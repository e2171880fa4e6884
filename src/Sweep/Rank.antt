-- ===== src/Sweep/Rank.antt =====
-- The U statistic of `mann_whitney` (research/replica_recall/aggregate.py).
use nano_db.Common.{◌+◌, ◌*◌, ◌≤◌, ◌≡◌, refl, List, [], ◌∷◌, arith, length}
use nano_db.Common.Int.{ℤ}
use nano_db.Sweep.{pair_score, row_score, double_u}

pair_score_sum : (x y : ℤ) → pair_score x y + pair_score y x ≡ 2
unfolding pair_score
pair_score_sum x y = ground arith

row_score-le : (x : ℤ) (ys : List ℤ) → row_score x ys ≤ 2 * length ys
unfolding row_score
row_score-le x [] = omega arith
row_score-le x (y ∷ ys) = omega (arith, row_score-le x ys, pair_score_sum x y)

double_u-cons :
    (x : ℤ) (xs ys : List ℤ)
    → double_u ys (x ∷ xs) + row_score x ys ≡ double_u ys xs + 2 * length ys
unfolding double_u row_score
double_u-cons x xs [] = omega arith
double_u-cons x xs (y ∷ ys) = omega (arith, double_u-cons x xs ys, pair_score_sum x y)

double_u-nil : (ys : List ℤ) → double_u ys [] ≡ 0
unfolding double_u row_score
double_u-nil [] = refl
double_u-nil (y ∷ ys) = omega (arith, double_u-nil ys)

-- The statistics of the two samples add up to all pairs: U of the first and U of the second sum to
-- n1 * n2 (both are doubled here).
pub double_u-sum : (xs ys : List ℤ) → double_u xs ys + double_u ys xs ≡ 2 * (length xs * length ys)
unfolding double_u
double_u-sum [] ys = omega (arith, double_u-nil ys)
double_u-sum (x ∷ xs) ys = grind (arith, double_u-cons x xs ys, double_u-sum xs ys)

- Activity -
All lines from the one holding "(x : ℤ) (xs ys : List ℤ)" through the end of the entries need to be given again exactly. Leave out the others.

- Your solution -
    (x : ℤ) (xs ys : List ℤ)
    → double_u ys (x ∷ xs) + row_score x ys ≡ double_u ys xs + 2 * length ys
unfolding double_u row_score
double_u-cons x xs [] = omega arith
double_u-cons x xs (y ∷ ys) = omega (arith, double_u-cons x xs ys, pair_score_sum x y)

double_u-nil : (ys : List ℤ) → double_u ys [] ≡ 0
unfolding double_u row_score
double_u-nil [] = refl
double_u-nil (y ∷ ys) = omega (arith, double_u-nil ys)

-- The statistics of the two samples add up to all pairs: U of the first and U of the second sum to
-- n1 * n2 (both are doubled here).
pub double_u-sum : (xs ys : List ℤ) → double_u xs ys + double_u ys xs ≡ 2 * (length xs * length ys)
unfolding double_u
double_u-sum [] ys = omega (arith, double_u-nil ys)
double_u-sum (x ∷ xs) ys = grind (arith, double_u-cons x xs ys, double_u-sum xs ys)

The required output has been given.